## Your assignment:
Give back exactly the stretch of data below from the line holding "unfoldable pub tick_collector" through the line holding "contract_known contract_id (inl", both ends included, and leave the remaining lines out.

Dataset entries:

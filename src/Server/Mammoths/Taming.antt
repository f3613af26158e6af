-- ===== src/Server/Mammoths/Taming.antt =====
-- A mammoth is tamed for a fruit, and the rollback leaves nothing behind.
use lodeen.Base.{◌≡◌, refl, String, true, false, arith, eq_iff, Option-cases, inl, inr}
use lodeen.Base.Int.{pos, ◌≤ℤ◌}
use lodeen.Base.Map.{lookup, insert, lookup-insert}
use lodeen.Base.Float.{Float}
use lodeen.Server.State.{Client, Server}
use lodeen.Server.Client.{quantity}
use lodeen.Server.Client.Inventory.{consume_item-none}
use lodeen.Server.Mammoths.{put_mammoth, tame, handle_tame_mammoth}

module _ {F : Type 0} ⦃fl : Float F⦄ where
  -- Without a fruit, taming changes no mammoth and not the client: the mammoth that was tamed for
  -- the time being is as wild as before.
  pub handle_tame_mammoth-refused :
      (id j : String) (s : Server F) (c : Client F)
      → quantity "fruit" c.inventory ≤ℤ pos 0
      → (lookup j (handle_tame_mammoth id s c).0.mammoths ≡ lookup j s.mammoths)
        × ((handle_tame_mammoth id s c).1 ≡ c)
  unfolding handle_tame_mammoth tame put_mammoth
  handle_tame_mammoth-refused id j s c q =
      let poor = consume_item-none "fruit" c q in
      elim (Option-cases (lookup id s.mammoths)) [
        | inl e ↦ rw (e) (refl, refl)
        | inr (m, e) ↦ ground (
          arith,
          e,
          poor,
          eq_iff id j,
          eq_iff id id,
          lookup-insert id j (record m { tamed = true }) s.mammoths,
          lookup-insert id j (record m { tamed = false })
              (insert id (record m { tamed = true }) s.mammoths),
        )
      ]
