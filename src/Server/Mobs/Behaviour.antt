-- ===== src/Server/Mobs/Behaviour.antt =====
-- What hostile and collecting mobs do in a tick: internal/server/net/mobs.go and mobs_collector.go.
-- A mob is passed beside the server and written back at the end of its turn; in between the loops
-- over the mobs pass it over, so that its old entry is not read.
use lodeen.Base.{ℕ, ◌*◌, String, true, Option, none, some, if◌then◌else◌}
use lodeen.Base.Int.{pos, int_add, leb_ℤ}
use lodeen.Base.Map.{Map, lookup, insert, erase}
use lodeen.Base.Float.{Float, ◌⊕◌, ◌⊖◌, ◌⊗◌, ◌⊘◌, lit, num, flt, sqrt32}
use lodeen.Protocol.Geometry.{Vector3, clamp_to_surface, dist2}
use lodeen.Protocol.Messages.{Resource}
use lodeen.Server.State.{Client, Server, Mob, Projectile}
use lodeen.Server.Client.{quantity, state_of}
use lodeen.Server.Nearest.{nearest}
use lodeen.Server.Time.{time_sub, millisecond}

-- `mobAttackCooldown`
abbrev pub mob_attack_cooldown : ℕ
mob_attack_cooldown = 1500 * millisecond

module _ {F : Type 0} ⦃fl : Float F⦄ where
  -- A step of `dist` along the direction.
  unfoldable pub move_by_dir : F → F → F → F → Mob F → Mob F
  move_by_dir ux uy uz dist m =
      let p : Vector3 F = m.at in
      record m {
        at =
            clamp_to_surface
              (record { x = p.x ⊕ ux ⊗ dist; y = p.y ⊕ uy ⊗ dist; z = p.z ⊕ uz ⊗ dist });
      }

  unfoldable pub move_towards : Vector3 F → F → Mob F → Mob F
  unfolding move_by_dir
  move_towards target dist m =
      let p : Vector3 F = m.at in
      let d = sqrt32 (dist2 target p) in
      if flt d (lit 1 2)
      then m
      else move_by_dir ((target.x ⊖ p.x) ⊘ d) ((target.y ⊖ p.y) ⊘ d) ((target.z ⊖ p.z) ⊘ d) dist m

  -- A step of `speed * dt` towards a point at the distance `d`; the products are taken in the order
  -- of the source, `(dx / d) * speed * dt`.
  unfoldable pub walk : Vector3 F → F → F → F → Mob F → Mob F
  walk target d speed dt m =
      let p : Vector3 F = m.at in
      record m {
        at = clamp_to_surface (record {
          x = p.x ⊕ (target.x ⊖ p.x) ⊘ d ⊗ speed ⊗ dt;
          y = p.y ⊕ (target.y ⊖ p.y) ⊘ d ⊗ speed ⊗ dt;
          z = p.z ⊕ (target.z ⊖ p.z) ⊘ d ⊗ speed ⊗ dt;
        });
      }

  -- A spear from the mob along a direction; `pid` is the new identifier.
  unfoldable pub new_projectile : ℕ → String → Vector3 F → String → Mob F → Projectile F
  new_projectile now pid dir target_id m = record {
    id = pid;
    at = m.at;
    dir = dir;
    speed = num 12;
    owner_mob_id = m.id;
    target_id = target_id;
    spawn_at = now;
  }

  -- Too near: back off; too far: come closer; between: throw, but not before the cooldown ends.
  unfoldable pub face_player : ℕ → String → F → Client F → F → Mob F → Server F → Mob F × Server F
  unfolding move_by_dir new_projectile
  face_player now pid dt c min_d2 m s =
      let p : Vector3 F = m.at in
      let there : Vector3 F = (state_of c).at in
      let d = sqrt32 (dist2 there p) in
      let ux = (there.x ⊖ p.x) ⊘ d in
      let uy = (there.y ⊖ p.y) ⊘ d in
      let uz = (there.z ⊖ p.z) ⊘ d in
      if flt d (lit 1 2)
      then (m, s)
      else if flt min_d2 (num 36)
      then (move_by_dir (fl.ops.neg ux) (fl.ops.neg uy) (fl.ops.neg uz) (num 5 ⊗ dt) m, s)
      else if flt (num 144) min_d2
      then (move_by_dir ux uy uz (num 5 ⊗ dt) m, s)
      else if leb_ℤ (pos mob_attack_cooldown) (time_sub now m.last_attack_at)
      then (
        record m { last_attack_at = now },
        record s {
          projectiles =
              insert pid (new_projectile now pid (record { x = ux; y = uy; z = uz }) c.id m)
                s.projectiles;
        },
      )
      else (m, s)

  -- `mobAggroD2` is 625.
  unfoldable pub tick_hostile_mob : ℕ → String → F → Mob F → Server F → Mob F × Server F
  unfolding face_player
  tick_hostile_mob now pid dt m s =
      let (found, min_d2) =
        nearest (λ _. true) (λ (c : Client F). (state_of c).at) m.at (num 625) s.clients in
      elim found [ none ↦ (m, s) | some (_, c) ↦ face_player now pid dt c min_d2 m s ]

  unfoldable pub carry : String → Mob F → Mob F
  carry kind m = record m {
    inventory = insert kind (int_add (quantity kind m.inventory) (pos 1)) m.inventory;
  }

  -- The resource is taken if it still lies there.
  unfoldable pub collect : Resource F → Option (Resource F) → Mob F → Server F → Mob F × Server F
  unfolding carry
  collect r none m s = (m, s)
  collect r (some _) m s = (carry r.kind m, record s { resources = erase r.id s.resources })

  -- The resource nearest to a point, within 40: `collectorSearchD2` and `pinkSearchD2` are 1600.
  unfoldable pub find_nearest_resource :
      Vector3 F → Map (Resource F) → Option (String × Resource F) × F
  find_nearest_resource here m = nearest (λ _. true) (λ (r : Resource F). r.at) here (num 1600) m

  -- `collectorPickD2` is 6.25, `collectorSpeed` is 4.
  unfoldable pub tick_collector : F → Mob F → Server F → Mob F × Server F
  unfolding collect walk find_nearest_resource
  tick_collector dt m s =
      let (found, best_d2) = find_nearest_resource m.at s.resources in
      elim found [
        | none ↦ (m, s)
        | some (_, r) ↦
            let d = sqrt32 (dist2 r.at m.at) in
            if flt best_d2 (lit 625 2)
            then collect r (lookup r.id s.resources) m s
            else if flt d (lit 1 2)
            then (m, s)
            else (walk r.at d (num 4) dt m, s)
      ]
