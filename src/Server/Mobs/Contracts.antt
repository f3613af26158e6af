-- ===== src/Server/Mobs/Contracts.antt =====
-- A contract is paid once, and a mob that has one takes no other.
use lodeen.Base.{
  ℕ, zero, suc, ◌-◌, ◌≤◌, ◌<◌, ◌≡◌, ◌≢◌, String, false, [], some, ◌⊎◌, inl, inr, arith, eq_iff,
  ◌==◌, if◌then◌else◌, not, ◌&&◌,
}
use mathlib.Core.Path.{sym, subst}
use lodeen.Base.Int.{ℤ, pos, int_sub-pos, int_bound}
use lodeen.Base.Map.{Map, lookup, insert}
use lodeen.Server.State.{Client, Server, Mob}
use lodeen.Server.Client.{quantity, take_one, send_inventory}
use lodeen.Server.Client.Inventory.{quantity-insert, quantity-take_one, consume_item-some}
use lodeen.Server.Mobs.{
  pay_contract_price, apply_contract, try_accept_contract, handle_accept_contract,
}

-- What a contract costs: the item and the number.
abbrev pub price : String → String × ℕ
price contract_id = if contract_id == "gather4" then ("fruit", 1) else ("spear", 10)

abbrev pub IsContract : String → Type 0
IsContract contract_id = (contract_id ≡ "gather4") ⊎ (contract_id ≡ "guard")

contract_known :
    (contract_id : String)
    → IsContract contract_id
    → (not (contract_id == "gather4") && not (contract_id == "guard")) ≡ false
contract_known contract_id (inl e) = ground (arith, eq_iff contract_id "gather4", e)
contract_known contract_id (inr e) = ground (arith, eq_iff contract_id "guard", e)

module _ {F : Type 0} where
  -- Exactly the price is paid.
  abbrev pub Paid : String → ℕ → Client F → Map ℤ → Type 0
  Paid contract_id n c out =
      (j : String)
      → quantity j out ≡ (
          if (price contract_id).0 == j
          then pos (n - (price contract_id).1)
          else quantity j c.inventory)

  -- A client that can pay, pays.
  abbrev pub Pays : String → ℕ → Client F → Type 0
  Pays contract_id n c =
      (out : Map ℤ) × (pay_contract_price contract_id c ≡ some (record c { inventory = out }))
      × Paid contract_id n c out

  pay_fruit :
      (n : ℕ) (c : Client F)
      → quantity "fruit" c.inventory ≡ pos (suc n)
      → suc n < int_bound
      → Pays "gather4" (suc n) c
  unfolding pay_contract_price
  pay_fruit n c q small = (
    take_one "fruit" c.inventory,
    consume_item-some "fruit" n c q,
    λ j. ground (arith, quantity-take_one "fruit" j n c.inventory q small),
  )

  pay_spears :
      (n : ℕ) (c : Client F)
      → quantity "spear" c.inventory ≡ pos n
      → 10 ≤ n
      → n < int_bound
      → Pays "guard" n c
  unfolding pay_contract_price
  pay_spears n c q le small = (
    insert "spear" (pos (n - 10)) c.inventory,
    ground (arith, q, int_sub-pos n 10 small le),
    λ j. quantity-insert "spear" j (pos (n - 10)) c.inventory,
  )

  pay_contract_price-Pays :
      (contract_id : String) (n : ℕ) (c : Client F)
      → IsContract contract_id
      → quantity (price contract_id).0 c.inventory ≡ pos n
      → (price contract_id).1 ≤ n
      → n < int_bound
      → Pays contract_id n c
  pay_contract_price-Pays contract_id zero c (inl e) q le small =
      absurd (omega (arith, subst (λ x. (price x).1 ≤ 0) e le))
  pay_contract_price-Pays contract_id (suc n) c (inl e) q le small =
      let q' = subst (λ x. quantity (price x).0 c.inventory ≡ pos (suc n)) e q in
      subst (λ x. Pays x (suc n) c) (sym e) (pay_fruit n c q' small)
  pay_contract_price-Pays contract_id n c (inr e) q le small =
      let q' = subst (λ x. quantity (price x).0 c.inventory ≡ pos n) e q in
      let le' = subst (λ x. (price x).1 ≤ n) e le in
      subst (λ x. Pays x n c) (sym e) (pay_spears n c q' le' small)

  -- A pink mob without a contract, and a client that can pay: the client pays exactly the price and
  -- is sent its inventory; the mob has the contract and the client as its owner, a gatherer starts
  -- with an empty inventory and a guard keeps its own, and all else of the mob is as before.
  pub handle_accept_contract-hires :
      (mob_id contract_id : String) (m : Mob F) (n : ℕ) (s : Server F) (c : Client F)
      → IsContract contract_id
      → lookup mob_id s.mobs ≡ some m
      → m.kind ≡ "pink"
      → m.contract ≡ ""
      → quantity (price contract_id).0 c.inventory ≡ pos n
      → (price contract_id).1 ≤ n
      → n < int_bound
      → (out : Map ℤ) × (handle_accept_contract mob_id contract_id s c ≡ (
        record s {
          mobs =
              insert mob_id
                (record m {
                  contract = contract_id;
                  owner_id = c.id;
                  inventory = if contract_id == "gather4" then [] else m.inventory;
                })
                s.mobs;
        },
        send_inventory (record c { inventory = out }),
      ))
        × Paid contract_id n c out
  unfolding handle_accept_contract try_accept_contract apply_contract
  handle_accept_contract-hires mob_id contract_id m n s c h known pink free q le small =
      let (out, paid, exactly) = pay_contract_price-Pays contract_id n c h q le small in
      (
        out,
        ground (
          arith,
          known,
          eq_iff m.kind "pink",
          eq_iff m.contract "",
          pink,
          free,
          contract_known contract_id h,
          paid,
        ),
        exactly,
      )

  -- A mob that has a contract takes no other, from whomever: nothing changes and nothing is paid.
  pub handle_accept_contract-busy :
      (mob_id contract_id : String) (m : Mob F) (s : Server F) (c : Client F)
      → lookup mob_id s.mobs ≡ some m
      → m.contract ≢ ""
      → handle_accept_contract mob_id contract_id s c ≡ (s, c)
  unfolding handle_accept_contract try_accept_contract
  handle_accept_contract-busy mob_id contract_id m s c known busy =
      ground (arith, known, eq_iff m.contract "")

## Output of the task:
  unfoldable pub tick_collector : F → Mob F → Server F → Mob F × Server F
  unfolding collect walk find_nearest_resource
  tick_collector dt m s =
      let (found, best_d2) = find_nearest_resource m.at s.resources in
      elim found [
        | none ↦ (m, s)
        | some (_, r) ↦
            let d = sqrt32 (dist2 r.at m.at) in
            if flt best_d2 (lit 625 2)
            then collect r (lookup r.id s.resources) m s
            else if flt d (lit 1 2)
            then (m, s)
            else (walk r.at d (num 4) dt m, s)
      ]
filename src/Server/Mobs/Contracts.antt
repository f3613af26158e6af
-- ===== src/Server/Mobs/Contracts.antt =====
-- A contract is paid once, and a mob that has one takes no other.
use lodeen.Base.{
  ℕ, zero, suc, ◌-◌, ◌≤◌, ◌<◌, ◌≡◌, ◌≢◌, String, false, [], some, ◌⊎◌, inl, inr, arith, eq_iff,
  ◌==◌, if◌then◌else◌, not, ◌&&◌,
}
use mathlib.Core.Path.{sym, subst}
use lodeen.Base.Int.{ℤ, pos, int_sub-pos, int_bound}
use lodeen.Base.Map.{Map, lookup, insert}
use lodeen.Server.State.{Client, Server, Mob}
use lodeen.Server.Client.{quantity, take_one, send_inventory}
use lodeen.Server.Client.Inventory.{quantity-insert, quantity-take_one, consume_item-some}
use lodeen.Server.Mobs.{
  pay_contract_price, apply_contract, try_accept_contract, handle_accept_contract,
}

-- What a contract costs: the item and the number.
abbrev pub price : String → String × ℕ
price contract_id = if contract_id == "gather4" then ("fruit", 1) else ("spear", 10)

abbrev pub IsContract : String → Type 0
IsContract contract_id = (contract_id ≡ "gather4") ⊎ (contract_id ≡ "guard")

contract_known :
    (contract_id : String)
    → IsContract contract_id
    → (not (contract_id == "gather4") && not (contract_id == "guard")) ≡ false
contract_known contract_id (inl e) = ground (arith, eq_iff contract_id "gather4", e)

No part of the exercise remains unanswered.